> _Assigned task_
Whenever a line below includes the word "append", copy that line.

[Stored items]
*** Block opens ***

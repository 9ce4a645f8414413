-- ===== src/Value/Lengths.antt =====
-- How many bytes the values of rct/Value.h take in the serializer's form.
use rct.Prelude.{ℕ, ◌<◌, ◌≤◌, List, ◌++◌, length, length-append, arith}
use rct.Prelude.Words.{le_bytes, length-le_bytes}
use rct.Serializer.{write_native, write_string}
use rct.Value.{Kind, kind_number, Value, Values, Entries}
use rct.Value.{
  invalid, undefined, boolean, integer, double, string, null_custom, custom, map, list, date, nil,
  cons, end, entry,
}
use rct.Value.Wire.{
  count_values, count_entries, write_tag, write_value, write_values, write_entries,
}

tagged : (k : Kind) (xs : List ℕ) → 0 < length (write_tag k ++ xs)
unfolding write_tag write_native
tagged k xs =
    omega (arith, length-append (le_bytes 4 (kind_number k)) xs, length-le_bytes 4 (kind_number k))

untagged : (k : Kind) → 0 < length (write_tag k)
unfolding write_tag write_native
untagged k = omega (arith, length-le_bytes 4 (kind_number k))

-- Every value takes a byte at least.
length-write_value : (v : Value) → 0 < length (write_value v)
unfolding write_value
length-write_value invalid = untagged Kind.invalid
length-write_value undefined = untagged Kind.undefined
length-write_value (boolean b) = tagged Kind.boolean _
length-write_value (integer n) = tagged Kind.integer _
length-write_value (double d) = tagged Kind.double _
length-write_value (string s) = tagged Kind.string _
length-write_value null_custom = untagged Kind.custom
length-write_value (custom s) = untagged Kind.custom
length-write_value (map es) = tagged Kind.map _
length-write_value (list vs) = tagged Kind.list _
length-write_value (date t) = tagged Kind.date _

pub count-length : (vs : Values) → count_values vs ≤ length (write_values vs)
unfolding count_values write_values
count-length nil = omega arith
count-length (cons v vs) =
    omega (
      arith,
      length-append (write_value v) (write_values vs),
      length-write_value v,
      count-length vs,
    )

pub count_entries-length : (es : Entries) → count_entries es ≤ length (write_entries es)
unfolding count_entries write_entries
count_entries-length end = omega arith
count_entries-length (entry k v es) = omega (
  arith,
  length-append (write_string k) (write_value v ++ write_entries es),
  length-append (write_value v) (write_entries es),
  length-write_value v,
  count_entries-length es,
)
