-- ===== src/Value/Lookup.antt =====
-- rct/Value.h: what is found in a map after an assignment.
use rct.Prelude.{
  ℕ, ◌≡◌, ◌⊎◌, inl, inr, refl, sym, ap, ◌∙◌, Bool, true, false, List, Option, none, some,
  if◌then◌else◌, Bool-cases,
}
use rct.String.Order.{less, less_irrefl, less_trans, less_total, less_asym}
use rct.Value.{Value, Entries, set_entry}
use rct.Value.{
  invalid, undefined, boolean, integer, double, string, null_custom, custom, map, list, date, end,
  entry,
}
use rct.Value.Access.{find_entry, or_default, member_or, member_at, assign_member}

abbrev pub Differs : List ℕ → List ℕ → Type 0
Differs j key = (less key j ≡ true) ⊎ (less j key ≡ true)

find_entry-set_self :
    (key : List ℕ) (w : Value) (es : Entries) → find_entry key (set_entry key w es) ≡ some w
unfolding find_entry set_entry
find_entry-set_self key w end = rw (less_irrefl key) refl
find_entry-set_self key w (entry k u es) = elim (Bool-cases (less k key)) [
  | inl t ↦ rw (t, find_entry, t) (find_entry-set_self key w es)
  | inr f ↦ elim (Bool-cases (less key k)) [
    | inl t ↦ rw (f, t, find_entry, less_irrefl key) refl
    | inr g ↦ rw (f, g, find_entry, less_irrefl key) refl
  ]
]

-- The first entry has another key.
find_entry-head :
    (j key : List ℕ) (w : Value) (es : Entries)
    → Differs j key
    → find_entry j (entry key w es) ≡ (if less key j then find_entry j es else none)
unfolding find_entry
find_entry-head j key w es (inl t) = rw (t) refl
find_entry-head j key w es (inr t) = rw (less_asym j key t, t) refl

if_none {ℓ} : {A : Type ℓ} (b : Bool) → ◌≡◌ {A = Option A} (if b then none else none) none
if_none true = refl
if_none false = refl

before :
    (j key k : List ℕ) (u : Value) (es : Entries)
    → Differs j key
    → less key k ≡ true
    → (if less key j then find_entry j (entry k u es) else none) ≡ find_entry j (entry k u es)
unfolding find_entry
before j key k u es (inl t) h = rw (t) refl
before j key k u es (inr t) h =
    let lower = less_trans j key k t h in rw (less_asym j key t, less_asym j k lower, lower) refl

find_entry-set_other :
    (j key : List ℕ) (w : Value) (es : Entries)
    → Differs j key
    → find_entry j (set_entry key w es) ≡ find_entry j es
unfolding set_entry find_entry
find_entry-set_other j key w end d = find_entry-head j key w end d ∙ if_none (less key j)
find_entry-set_other j key w (entry k u es) d = elim (Bool-cases (less k key)) [
  | inl t ↦ rw (t, find_entry, find_entry-set_other j key w es d) refl
  | inr f ↦ elim (Bool-cases (less key k)) [
    | inl t ↦ rw (f, t) (find_entry-head j key w (entry k u es) d ∙ before j key k u es d t)
    | inr g ↦
        let same : k ≡ key = less_total k key f g in
        rw (f, g) (find_entry-head j key w es d ∙ sym (rw (same) (find_entry-head j key u es d)))
  ]
]

-- After `v[key] = w` on an invalid value or a map, `w` is found at the key, and at every other key
-- what was found there before.
pub assign_member-member_at :
    (key : List ℕ) (w v v' : Value)
    → assign_member key w v ≡ some v'
    → (member_at key v' ≡ some w)
      × ((j : List ℕ) (d : Value) → Differs j key → member_or j d v' ≡ member_or j d v)
unfolding assign_member member_at member_or or_default find_entry
assign_member-member_at key w invalid v' h =
    let same : map (set_entry key w end) ≡ v' = cc h in
    rw (← same) (
      find_entry-set_self key w end,
      λ j d n. ap (λ o. or_default d o) (find_entry-set_other j key w end n),
    )
assign_member-member_at key w (map es) v' h =
    let same : map (set_entry key w es) ≡ v' = cc h in
    rw (← same) (
      find_entry-set_self key w es,
      λ j d n. ap (λ o. or_default d o) (find_entry-set_other j key w es n),
    )
assign_member-member_at key w undefined v' h = absurd (cc h)
assign_member-member_at key w (boolean b) v' h = absurd (cc h)
assign_member-member_at key w (integer n) v' h = absurd (cc h)
assign_member-member_at key w (double d) v' h = absurd (cc h)
assign_member-member_at key w (string s) v' h = absurd (cc h)
assign_member-member_at key w null_custom v' h = absurd (cc h)
assign_member-member_at key w (custom s) v' h = absurd (cc h)
assign_member-member_at key w (list vs) v' h = absurd (cc h)
assign_member-member_at key w (date t) v' h = absurd (cc h)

*** Block closes ***

> _Result of the exercise_
use rct.Prelude.{ℕ, ◌<◌, ◌≤◌, List, ◌++◌, length, length-append, arith}
    omega (arith, length-append (le_bytes 4 (kind_number k)) xs, length-le_bytes 4 (kind_number k))
      length-append (write_value v) (write_values vs),
  length-append (write_string k) (write_value v ++ write_entries es),
  length-append (write_value v) (write_entries es),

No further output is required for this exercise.